Listening to their conversation, I realized many of the men who waited with me had come to apply for permission to live in Athens.
So many men. Was it like this every day?
“Is there a Nicolaos, the son of Sophroniscus?” A voice called from the Polemarch’s door. Not the Polemarch, but his assistant. He held a wax tablet and frowned.
“That’s me,” I said.
The Polemarch sat at a writing desk, on a chair of curved timber and a comfortable rounded back. The table and chair were both expensive pieces whose legs were shaped to resemble the legs and feet of a lion. I guessed they were both from the same carpenter, and that they were the personal property of the Polemarch, the more so because the wood was polished elm, which is very heavy and hard and far beyond the budget of the state. The Polemarch was a rich man to own such things.
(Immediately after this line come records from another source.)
-- ===== src/FlexLocks/Serves.antt =====
-- What the list holds: a map from keys to values, where a node with `noValue` counts as absent.
use splaylist.Base.{
  ℕ, ◌<◌, ◌≡◌, ◌∙◌, refl, sym, ap, Option, none, some, arith, ◌==◌, if◌then◌else◌, Bool-cases, inl,
  inr, ==→eq, ==→ne,
}
use splaylist.Base.Memory.{upd-same, upd-other}
use splaylist.FlexSeq.State.{FlexList, head, tail, upd}
use splaylist.FlexSeq.View.{View, View-ext, view, StandsFor, IsLinked}
use splaylist.FlexSeq.Insertion.{extended}
use splaylist.FlexSeq.Client.{Models, Models-Same, Models-extended}
use splaylist.FlexLocks.Shared.{LockList, on_list}
use splaylist.FlexLocks.Ops.{set_value}
use splaylist.FlexLocks.Held.{AreFree}
use splaylist.FlexLocks.Levels.{Settled}
use splaylist.FlexLocks.Rounds.{IsAbsent}
use splaylist.FlexLocks.Placing.{IsPlaced}

-- What a node's value stands for, with `d` for `noValue`.
abbrev pub live : ℕ → Option ℕ → Option ℕ
live d none = none
live d (some x) = if x == d then none else some x

-- The node `p` gets another value.
abbrev pub valued : View ℕ → ℕ → ℕ → View ℕ
valued v p x = record v { value = upd v.value p x }

valued-IsLinked : (v : View ℕ) (p x : ℕ) → IsLinked v → IsLinked (valued v p x)
valued-IsLinked v p x linked = record {
  sized = linked.sized;
  shallow = linked.shallow;
  head_top = linked.head_top;
  tail_top = linked.tail_top;
  low = linked.low;
  keys = linked.keys;
  above_head = linked.above_head;
  below_tail = linked.below_tail;
  links = λ q h l lt low wide.
      let (r, e, f) = linked.links q h l lt low wide in
      (r, e, record { live = f.live; above = f.above; reaches = f.reaches; least = f.least });
}

valued-StandsFor :
    (v : View ℕ) (p x : ℕ) (l : FlexList ℕ)
    → StandsFor v l
    → StandsFor (valued v p x) (set_value p x l)
valued-StandsFor v p x l st = record {
  shown =
      View-ext (view (set_value p x l)) (valued (view l) p x) refl refl refl refl
        (λ q. ground arith) (λ q. ground arith) (λ q. ground arith) (λ q h. ground arith)
      ∙ ap (λ w. valued w p x) st.shown;
  levels = λ q lq. ground (arith, st.levels q);
}

Models-valued :
    (v : View ℕ) (m : ℕ → Option ℕ) (p x : ℕ)
    → IsLinked v
    → p < v.size
    → Models v m
    → Models (valued v p x) (upd m (v.key p) (some x))
Models-valued v m p x linked live o = record {
  held = λ q lq above below. elim (Bool-cases (q == p)) [
    | inl e ↦
        let at = ==→eq q p e in
        upd-same m (v.key p) (some x) (v.key q) (ap v.key at)
        ∙ ap (λ y. some y) (sym (upd-same v.value p x q at))
    | inr n ↦
        let other = ==→ne q p n in
        upd-other m (v.key p) (some x) (v.key q) (λ e. other (linked.keys q p lq live e))
        ∙ o.held q lq above below
        ∙ ap (λ y. some y) (sym (upd-other v.value p x q other))
  ];
  missing = λ k above below absent.
      upd-other m (v.key p) (some x) k (λ e. absent p live (sym e))
      ∙ o.missing k above below absent;
}

-- The list holds what the map `m` says, between the keys `low` and `high`, and all locks are free.
pub record Serves (low high d : ℕ) (m : ℕ → Option ℕ) (s : LockList) : Type 0 where
  pub shown : View ℕ
  pub linked : IsLinked shown
  pub stands : StandsFor shown s.list
  pub raw : ℕ → Option ℕ
  pub models : Models shown raw
  pub clean : (k : ℕ) → m k ≡ live d (raw k)
  pub least : shown.key head ≡ low
  pub greatest : shown.key tail ≡ high
  pub default : shown.no_value ≡ d
  pub free : AreFree s

module _ (low high d : ℕ) (m : ℕ → Option ℕ) (s : LockList) (v : Serves low high d m s) where
  -- Another way to write the same map.
  pub Serves-ext : (m' : ℕ → Option ℕ) → ((k : ℕ) → m' k ≡ m k) → Serves low high d m' s
  Serves-ext m' same = record {
    shown = v.shown;
    linked = v.linked;
    stands = v.stands;
    raw = v.raw;
    models = v.models;
    clean = λ k. same k ∙ v.clean k;
    least = v.least;
    greatest = v.greatest;
    default = v.default;
    free = v.free;
  }

  -- After an operation that keeps the contents.
  abbrev pub Serves-Settled : (s' : LockList) → Settled v.shown s' → Serves low high d m s'
  Serves-Settled s' u = record {
    shown = u.updated.after;
    linked = u.updated.linked;
    stands = u.updated.stands;
    raw = v.raw;
    models = Models-Same v.shown u.updated.after v.raw u.updated.same v.models;
    clean = v.clean;
    least = u.updated.same.key head ∙ v.least;
    greatest = u.updated.same.key tail ∙ v.greatest;
    default = u.updated.same.no_value ∙ v.default;
    free = u.free;
  }

  -- The map at a key that is put, and at the others.
  clean_put :
      (k x : ℕ) (o : Option ℕ)
      → o ≡ live d (some x)
      → (j : ℕ) → upd m k o j ≡ live d (upd v.raw k (some x) j)
  clean_put k x o e j = elim (Bool-cases (j == k)) [
    | inl at ↦ rw at e
    | inr off ↦ rw off (v.clean j)
  ]

  -- After the value of a node has been written.
  pub Serves-valued :
      (p x : ℕ) (o : Option ℕ)
      → p < v.shown.size
      → o ≡ live d (some x)
      → Serves low high d (upd m (v.shown.key p) o) (on_list (set_value p x) s)
  Serves-valued p x o lp e = record {
    shown = valued v.shown p x;
    linked = valued-IsLinked v.shown p x v.linked;
    stands = valued-StandsFor v.shown p x s.list v.stands;
    raw = upd v.raw (v.shown.key p) (some x);
    models = Models-valued v.shown v.raw p x v.linked lp v.models;
    clean = clean_put (v.shown.key p) x o e;
    least = v.least;
    greatest = v.greatest;
    default = v.default;
    free = v.free;
  }

  -- After a new node has gone in.
  pub Serves-placed :
      (k x y : ℕ) (o : Option ℕ) (s' : LockList)
      → IsAbsent v.shown k
      → o ≡ live d (some x)
      → IsPlaced v.shown k x (y, s')
      → Serves low high d (upd m k o) s'
  Serves-placed k x y o s' absent e (back, free, u) =
      let w = extended v.shown k x in
      record {
        shown = u.after;
        linked = u.linked;
        stands = u.stands;
        raw = upd v.raw k (some x);
        models =
            Models-Same w u.after (upd v.raw k (some x)) u.same
              (Models-extended v.shown v.raw k x v.linked absent v.models);
        clean = clean_put k x o e;
        least =
            u.same.key head
            ∙ upd-other v.shown.key v.shown.size k head (omega (arith, v.linked.sized))
            ∙ v.least;
        greatest =
            u.same.key tail
            ∙ upd-other v.shown.key v.shown.size k tail (omega (arith, v.linked.sized))
            ∙ v.greatest;
        default = u.same.no_value ∙ v.default;
        free = free;
      }
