-- ===== src/FlexLocks/Calls.antt =====
-- Each operation on a list that holds what a map says.
use splaylist.Base.{
  ℕ, ◌+◌, ◌<◌, ◌≡◌, ◌≢◌, ◌∙◌, refl, sym, ap, Bool, true, false, not, Option, none, some, arith,
  ◌==◌, if◌then◌else◌, Bool-cases, inl, inr, ne→==, ==→eq, ==_self,
}
use splaylist.Base.Run.{
  Run, done, ◌>>=◌, Ensures, ensures, Ensures-bind, Ensures-bind_Returns, Ensures-if,
}
use splaylist.FlexSeq.State.{head, tail, upd}
use splaylist.FlexSeq.View.{View, StandsFor, IsLinked}
use splaylist.FlexSeq.View.Updating.{Updated-refl}
use splaylist.FlexSeq.Client.{value_or, is_there}
use splaylist.FlexLocks.Shared.{LockList}
use splaylist.FlexLocks.Find.{find}
use splaylist.FlexLocks.Ops.{at_node, value_of, count_update, contains, qfind}
use splaylist.FlexLocks.Search.{locked_find-Answered}
use splaylist.FlexLocks.Held.{AreFree}
use splaylist.FlexLocks.Levels.{Settled, update-Settled}
use splaylist.FlexLocks.Rounds.{IsAbsent}
use splaylist.FlexLocks.Serves.{live, Serves, Serves-Settled}

abbrev pub first_of : ℕ → Option ℕ → ℕ → Option ℕ
first_of d none x = live d (some x)
first_of d (some y) x = some y

pub value_or-live : (d x : ℕ) → value_or d (live d (some x)) ≡ x
value_or-live d x = elim (Bool-cases (x == d)) [
  | inl e ↦ rw e (sym (==→eq x d e))
  | inr n ↦ rw n refl
]

pub is_there-live : (d x : ℕ) → is_there (live d (some x)) ≡ not (x == d)
is_there-live d x = elim (Bool-cases (x == d)) [ inl e ↦ rw e refl | inr n ↦ rw n refl ]

pub live_none : (d x : ℕ) → x ≡ d → live d (some x) ≡ none
live_none d x e = let same : (x == d) ≡ true = ap (λ y. y == d) e ∙ ==_self d in rw same refl

pub live_some : (d x : ℕ) → x ≢ d → live d (some x) ≡ some x
live_some d x n = rw (ne→== x d n) refl

module _ (v : View ℕ) (tid key : ℕ) (linked : IsLinked v) (above : v.key head < key)
    (below : key < v.key tail) where
  -- What a successful search does afterwards keeps the contents and the locks.
  count_update-Settled :
      (s : LockList) → StandsFor v s.list → AreFree s → Ensures (Settled v) (count_update tid key s)
  unfolding count_update
  count_update-Settled s st free =
      let s₁ : LockList = record s {
        update_counter = upd s.update_counter tid (s.update_counter tid + 1);
      } in
      Ensures-if (s₁.update_counter tid == s₁.list.update_num)
        (λ due.
          Ensures-bind (update-Settled v key s₁ linked st free (omega (arith, above)) below)
            λ s₂ u. ensures (record { free = u.free; updated = u.updated }))
        λ skip. ensures (record { free = free; updated = Updated-refl v s₁.list linked st })

module _ (low high d : ℕ) (m : ℕ → Option ℕ) (s : LockList) (v : Serves low high d m s)
    (tid key : ℕ) (above : low < key) (below : key < high) where
  pub head_lt : v.shown.key head < key
  head_lt = omega (arith, v.least)

  pub tail_gt : key < v.shown.key tail
  tail_gt = omega (arith, v.greatest)

  -- What the map says of the key of a node, and of a key that no node has.
  pub at_live :
      (q : ℕ) → q < v.shown.size → v.shown.key q ≡ key → m key ≡ live d (some (v.shown.value q))
  at_live q lq at =
      v.clean key
      ∙ ap (live d) (
          ap v.raw (sym at)
          ∙ v.models.held q lq (omega (arith, head_lt, at)) (omega (arith, tail_gt, at)))

  pub at_absent : IsAbsent v.shown key → m key ≡ none
  at_absent absent = v.clean key ∙ ap (live d) (v.models.missing key head_lt tail_gt absent)

  -- A search, with what follows it in the two cases.
  pub searched :
      {A : Type 0} {P : A → Type 0} (k : Bool → Option ℕ → LockList → Run A)
      → ((q : ℕ) (s₁ : LockList)
          → StandsFor v.shown s₁.list
          → AreFree s₁
          → q < v.shown.size
          → v.shown.key q ≡ key
          → Ensures P (k true (some q) s₁))
      → ((succ : Option ℕ) (s₁ : LockList)
          → StandsFor v.shown s₁.list
          → AreFree s₁
          → IsAbsent v.shown key
          → Ensures P (k false succ s₁))
      → Ensures P (find tid key s >>= λ (found, pred, succ, s₁). k found succ s₁)
  searched k hit miss =
      Ensures-bind_Returns
        (locked_find-Answered v.shown v.linked tid key (omega (arith, tail_gt)) s v.stands v.free
          head_lt)
        λ (found, pred, succ, s₁) a. elim (Bool-cases found) [
          | inl yes_found ↦
              let (q, at, lq, e) = a.present yes_found in
              rw (yes_found, at) (hit q s₁ a.stands a.free lq e)
          | inr no_found ↦ rw no_found (miss succ s₁ a.stands a.free (a.absent no_found))
        ]

  pub kept : (s₁ : LockList) → StandsFor v.shown s₁.list → AreFree s₁ → Serves low high d m s₁
  kept s₁ st free =
      Serves-Settled low high d m s v s₁
        (record { free = free; updated = Updated-refl v.shown s₁.list v.linked st })

  pub shown_value :
      (q : ℕ) (s₁ : LockList) (u : Settled v.shown s₁) → value_of q s₁ ≡ v.shown.value q
  shown_value q s₁ u =
      ap (λ (w : View ℕ). w.value q) u.updated.stands.shown ∙ u.updated.same.value q

  -- What follows a successful search, for each operation.
  pub counted :
      {A : Type 0} {P : A → Type 0} (k : LockList → Run A) (s₁ : LockList)
      → StandsFor v.shown s₁.list
      → AreFree s₁
      → ((s₂ : LockList) → Settled v.shown s₂ → Ensures P (k s₂))
      → Ensures P (count_update tid key s₁ >>= k)
  counted k s₁ st free next =
      Ensures-bind (count_update-Settled v.shown tid key v.linked head_lt tail_gt s₁ st free) next

  -- The value that an operation returns, and the map afterwards.
  abbrev pub Gives : (ℕ → Option ℕ) → ℕ × LockList → Type 0
  Gives m' (y, s') = (y ≡ value_or d (m key)) × Serves low high d m' s'

  pub default_back :
      (s₁ : LockList)
      → StandsFor v.shown s₁.list
      → IsAbsent v.shown key
      → s₁.list.no_value ≡ value_or d (m key)
  default_back s₁ st absent =
      ap (λ (w : View ℕ). w.no_value) st.shown
      ∙ v.default
      ∙ ap (value_or d) (sym (at_absent absent))

  pub value_back :
      (q : ℕ) (s₁ : LockList)
      → StandsFor v.shown s₁.list
      → q < v.shown.size
      → v.shown.key q ≡ key
      → value_of q s₁ ≡ value_or d (m key)
  value_back q s₁ st lq at =
      ap (λ (w : View ℕ). w.value q) st.shown
      ∙ sym (value_or-live d (v.shown.value q))
      ∙ ap (value_or d) (sym (at_live q lq at))

  pub default_kept : (s₂ : LockList) → Settled v.shown s₂ → s₂.list.no_value ≡ d
  default_kept s₂ u =
      ap (λ (w : View ℕ). w.no_value) u.updated.stands.shown ∙ u.updated.same.no_value ∙ v.default

  pub qfind-Gives : Ensures (Gives m) (qfind tid key s)
  unfolding qfind
  qfind-Gives =
      searched
        (λ found succ s₁.
          if found
          then at_node succ (λ p. count_update tid key s₁ >>= λ s₂. done (value_of p s₁, s₂))
          else done (s₁.list.no_value, s₁))
        (λ q s₁ st free lq at.
          counted (λ s₂. done (value_of q s₁, s₂)) s₁ st free
            λ s₂ u. ensures (value_back q s₁ st lq at, Serves-Settled low high d m s v s₂ u))
        λ succ s₁ st free absent. ensures (default_back s₁ st absent, kept s₁ st free)

  pub contains-Gives :
      Ensures (λ (b, s'). (b ≡ is_there (m key)) × Serves low high d m s') (contains tid key s)
  unfolding contains
  contains-Gives =
      searched
        (λ found succ s₁.
          if found
          then at_node succ (λ p.
            count_update tid key s₁ >>= λ s₂. done (not (value_of p s₂ == s₂.list.no_value), s₂))
          else done (false, s₁))
        (λ q s₁ st free lq at.
          counted (λ s₂. done (not (value_of q s₂ == s₂.list.no_value), s₂)) s₁ st free
            λ s₂ u. ensures (
              ap (λ x. not (x == s₂.list.no_value)) (shown_value q s₂ u)
                  ∙ ap (λ e. not (v.shown.value q == e)) (default_kept s₂ u)
                  ∙ sym (is_there-live d (v.shown.value q))
                  ∙ ap is_there (sym (at_live q lq at)),
              Serves-Settled low high d m s v s₂ u,
            ))
        λ succ s₁ st free absent. ensures (ap is_there (sym (at_absent absent)), kept s₁ st free)
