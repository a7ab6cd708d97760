-- ===== src/FlexLocks/Changes.antt =====
-- The operations that change what the list holds.
use mathlib.Core.Path.{subst}
use splaylist.Base.Memory.{upd-id, upd-same, upd-other}
use splaylist.Base.{
  ℕ, ◌<◌, ◌≡◌, ◌∙◌, sym, ap, true, Option, none, some, arith, ◌==◌, if◌then◌else◌, Bool-cases, inl,
  inr, ==→eq, ==→ne, ==_self, ◌≢◌, refl,
}
use splaylist.Base.Run.{done, ◌>>=◌, Ensures, ensures, Ensures-mono, Ensures-bind}
use splaylist.FlexSeq.State.{upd}
use splaylist.FlexSeq.View.{View}
use splaylist.FlexSeq.Client.{value_or}
use splaylist.FlexLocks.Shared.{LockList, on_list}
use splaylist.FlexLocks.Update.{update_with_insert}
use splaylist.FlexLocks.Ops.{
  at_node, value_of, set_value, count_update, revive, insert_if_absent, bury, erase,
}
use splaylist.FlexLocks.Levels.{Settled}
use splaylist.FlexLocks.Placing.{update_with_insert-IsPlaced}
use splaylist.FlexLocks.Serves.{
  live, Serves-ext, Serves, Serves-Settled, Serves-valued, Serves-placed,
}
use splaylist.FlexLocks.Calls.{
  first_of, live_none, live_some, head_lt, tail_gt, at_live, at_absent, searched, kept, shown_value,
  counted, Gives, default_back, value_back, default_kept,
}

module _ (low high d : ℕ) (m : ℕ → Option ℕ) (s : LockList) (v : Serves low high d m s)
    (tid key : ℕ) (above : low < key) (below : key < high) where
  -- The value of a node is written with the CAS, which succeeds.
  written :
      (q x : ℕ) (o : Option ℕ) (s₂ : LockList)
      → Settled v.shown s₂
      → q < v.shown.size
      → v.shown.key q ≡ key
      → o ≡ live d (some x)
      → Serves low high d (upd m key o) (on_list (set_value q x) s₂)
  written q x o s₂ u lq at e =
      let served = Serves-Settled low high d m s v s₂ u in
      subst (λ k. Serves low high d (upd m k o) (on_list (set_value q x) s₂))
        (u.updated.same.key q ∙ at)
        (Serves-valued low high d m s₂ served q x o (omega (arith, lq, u.updated.same.size)) e)

  -- Writing what the map says already.
  unchanged :
      (o : Option ℕ) (s₂ : LockList)
      → m key ≡ o
      → Serves low high d m s₂
      → Serves low high d (upd m key o) s₂
  unchanged o s₂ e w = Serves-ext low high d m s₂ w (upd m key o) (upd-id m key o e)

  pub erase-Gives :
      Ensures (Gives low high d m s v tid key above below (upd m key none)) (erase tid key s)
  unfolding erase bury
  erase-Gives =
      searched low high d m s v tid key above below
        (λ found succ s₁.
          if found
          then at_node succ (λ p. count_update tid key s₁ >>= λ s₂. bury 1 p (value_of p s₁) s₂)
          else done (s₁.list.no_value, s₁))
        (λ q s₁ st free lq at.
          counted low high d m s v tid key above below (λ s₂. bury 1 q (value_of q s₁) s₂) s₁ st
            free
            λ s₂ u.
              let back = value_back low high d m s v tid key above below q s₁ st lq at in
              let n = default_kept low high d m s v tid key above below s₂ u in
              let x : value_of q s₁ ≡ v.shown.value q = ap (λ (w : View ℕ). w.value q) st.shown in
              elim (Bool-cases (value_of q s₁ == s₂.list.no_value)) [
                | inl none_there ↦ rw none_there (
                    ensures (
                      back,
                      unchanged none s₂
                          (at_live low high d m s v tid key above below q lq at
                            ∙ live_none d (v.shown.value q)
                                (sym x ∙ ==→eq (value_of q s₁) s₂.list.no_value none_there ∙ n))
                          (Serves-Settled low high d m s v s₂ u),
                    ))
                | inr there ↦
                    let hit : (value_of q s₂ == value_of q s₁) ≡ true =
                      ap (λ y. y == value_of q s₁)
                        (shown_value low high d m s v tid key above below q s₂ u ∙ sym x)
                      ∙ ==_self (value_of q s₁) in
                    rw (there, hit)
                      (ensures (
                        back,
                        written q s₂.list.no_value none s₂ u lq at
                            (sym (live_none d s₂.list.no_value n)),
                      ))
              ])
        λ succ s₁ st free absent. ensures (
          default_back low high d m s v tid key above below s₁ st absent,
          unchanged none s₁ (at_absent low high d m s v tid key above below absent)
              (kept low high d m s v tid key above below s₁ st free),
        )

  -- The map after an insertion: a key that is there keeps its value.
  abbrev inserts : ℕ → ℕ → Option ℕ
  inserts x = upd m key (first_of d (m key) x)

  pub insert_if_absent-Gives :
      (x : ℕ)
      → Ensures
          (Gives low high d m s v tid key above below (inserts x))
          (insert_if_absent tid key x s)
  unfolding insert_if_absent revive
  insert_if_absent-Gives x =
      searched low high d m s v tid key above below
        (λ found succ s₁.
          if found
          then at_node succ (λ p. count_update tid key s₁ >>= λ s₂. revive 1 p (value_of p s₁) x s₂)
          else update_with_insert key x s₁)
        (λ q s₁ st free lq at.
          counted low high d m s v tid key above below (λ s₂. revive 1 q (value_of q s₁) x s₂) s₁ st
            free
            λ s₂ u.
              let back = value_back low high d m s v tid key above below q s₁ st lq at in
              let n = default_kept low high d m s v tid key above below s₂ u in
              let same : value_of q s₁ ≡ v.shown.value q =
                ap (λ (w : View ℕ). w.value q) st.shown in
              elim (Bool-cases (value_of q s₁ == s₂.list.no_value)) [
                | inl blank ↦
                    let now = ==→eq (value_of q s₁) s₂.list.no_value blank in
                    let gone : m key ≡ none =
                      at_live low high d m s v tid key above below q lq at
                      ∙ live_none d (v.shown.value q) (sym same ∙ now ∙ n) in
                    let still : (value_of q s₂ == s₂.list.no_value) ≡ true =
                      ap (λ y. y == s₂.list.no_value)
                        (shown_value low high d m s v tid key above below q s₂ u ∙ sym same)
                      ∙ blank in
                    rw (blank, still)
                      (ensures (
                        back,
                        written q x (first_of d (m key) x) s₂ u lq at
                            (ap (λ o. first_of d o x) gone),
                      ))
                | inr there ↦
                    let held : m key ≡ some (v.shown.value q) =
                      at_live low high d m s v tid key above below q lq at
                      ∙ live_some d (v.shown.value q)
                          (λ e. ==→ne (value_of q s₁) s₂.list.no_value there (same ∙ e ∙ sym n)) in
                    rw there (
                      ensures (
                        back,
                        unchanged (first_of d (m key) x) s₂
                            (held ∙ sym (ap (λ o. first_of d o x) held))
                            (Serves-Settled low high d m s v s₂ u),
                      ))
              ])
        λ succ s₁ st free absent.
          Ensures-mono
            (update_with_insert-IsPlaced v.shown key x s₁ v.linked st free absent
              (head_lt low high d m s v tid key above below)
              (tail_gt low high d m s v tid key above below))
            λ (y, s') placed. (
              placed.0
                  ∙ v.default
                  ∙ ap (value_or d) (sym (at_absent low high d m s v tid key above below absent)),
              Serves-placed low high d m s v key x y (first_of d (m key) x) s' absent
                  (ap (λ o. first_of d o x) (at_absent low high d m s v tid key above below absent))
                  placed,
            )

-- On a list that holds what a map says, with all locks free, `erase` after `insertIfAbsent` of a key that
-- the map does not have, with a value other than `noValue`, returns that value, and the list holds what the
-- map says again; the two calls may be made by different threads. The only other end is that the list
-- would need a level below 0.
pub erase-insert_if_absent :
    (low high d : ℕ) (m : ℕ → Option ℕ) (s : LockList) (tid tid' key x : ℕ)
    → Serves low high d m s
    → low < key
    → key < high
    → m key ≡ none
    → x ≢ d
    → Ensures
        (λ (y, s'). (y ≡ x) × Serves low high d m s')
        (insert_if_absent tid key x s >>= λ (z, s₁). erase tid' key s₁)
erase-insert_if_absent low high d m s tid tid' key x v above below absent n =
    let m₁ : ℕ → Option ℕ = upd m key (first_of d (m key) x) in
    let at : m₁ key ≡ some x =
      upd-same m key (first_of d (m key) x) key refl
      ∙ ap (λ o. first_of d o x) absent
      ∙ live_some d x n in
    let back : (k : ℕ) → m k ≡ upd m₁ key none k = λ k. elim (Bool-cases (k == key)) [
      | inl e ↦ ap m (==→eq k key e) ∙ absent ∙ sym (upd-same m₁ key none k (==→eq k key e))
      | inr off ↦
          let other = ==→ne k key off in
          sym (upd-other m key (first_of d (m key) x) k other) ∙ sym (upd-other m₁ key none k other)
    ] in
    Ensures-bind (insert_if_absent-Gives low high d m s v tid key above below x) λ (z, s₁) (e, w).
      Ensures-mono (erase-Gives low high d m₁ s₁ w tid' key above below) λ (y, s') (e', w').
        (e' ∙ ap (value_or d) at, Serves-ext low high d (upd m₁ key none) s' w' m back)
“You’re the man I received a note about,” the Polemarch said as soon as I entered. His voice was a deep bass. “From Pericles. Something about a total disaster at the theater? He seems to blame you.”
“A murder, sir.”
“That sounds bad. Why did you do it?”
“I think you might misunderstand, sir. I’m the detective.”
“Ah, I see. And there’s a meeting this afternoon?”
“Yes, sir. At the home of Pericles.”
“Well I have a lot of work to get through before then. What can I do for you?” he asked.
I said, “I hoped, sir, that before the meeting you could tell me something about metics. They must come to you, mustn’t they, to live in Athens?”
“Yes. That’s what that long line is outside. Any man from another city who wants to live in Athens must register with my office. As long as he pays his registration fee and names his patron, he’s in.”
“Are there any restrictions on the metics?”
“They may not own land. That is reserved for citizens. Metics pay slightly higher taxes, though the difference is nominal. I assume you know that a trial for the murder of a metic is heard in a lesser court than that for a citizen.”
“No sir, I didn’t.”
“Well you do now. If one metic kills another, we’re as likely to exile the murderer as execute him. It’s so much less messy that way.”
“What if a citizen murders a metic?” I asked.
“That’s why these cases are always heard in a lower court. The citizen would be exiled for a period of years, or face a massive fine. If metic murders were heard in the highest court, it would mean a citizen could face death for killing a non-citizen. That wouldn’t do at all.”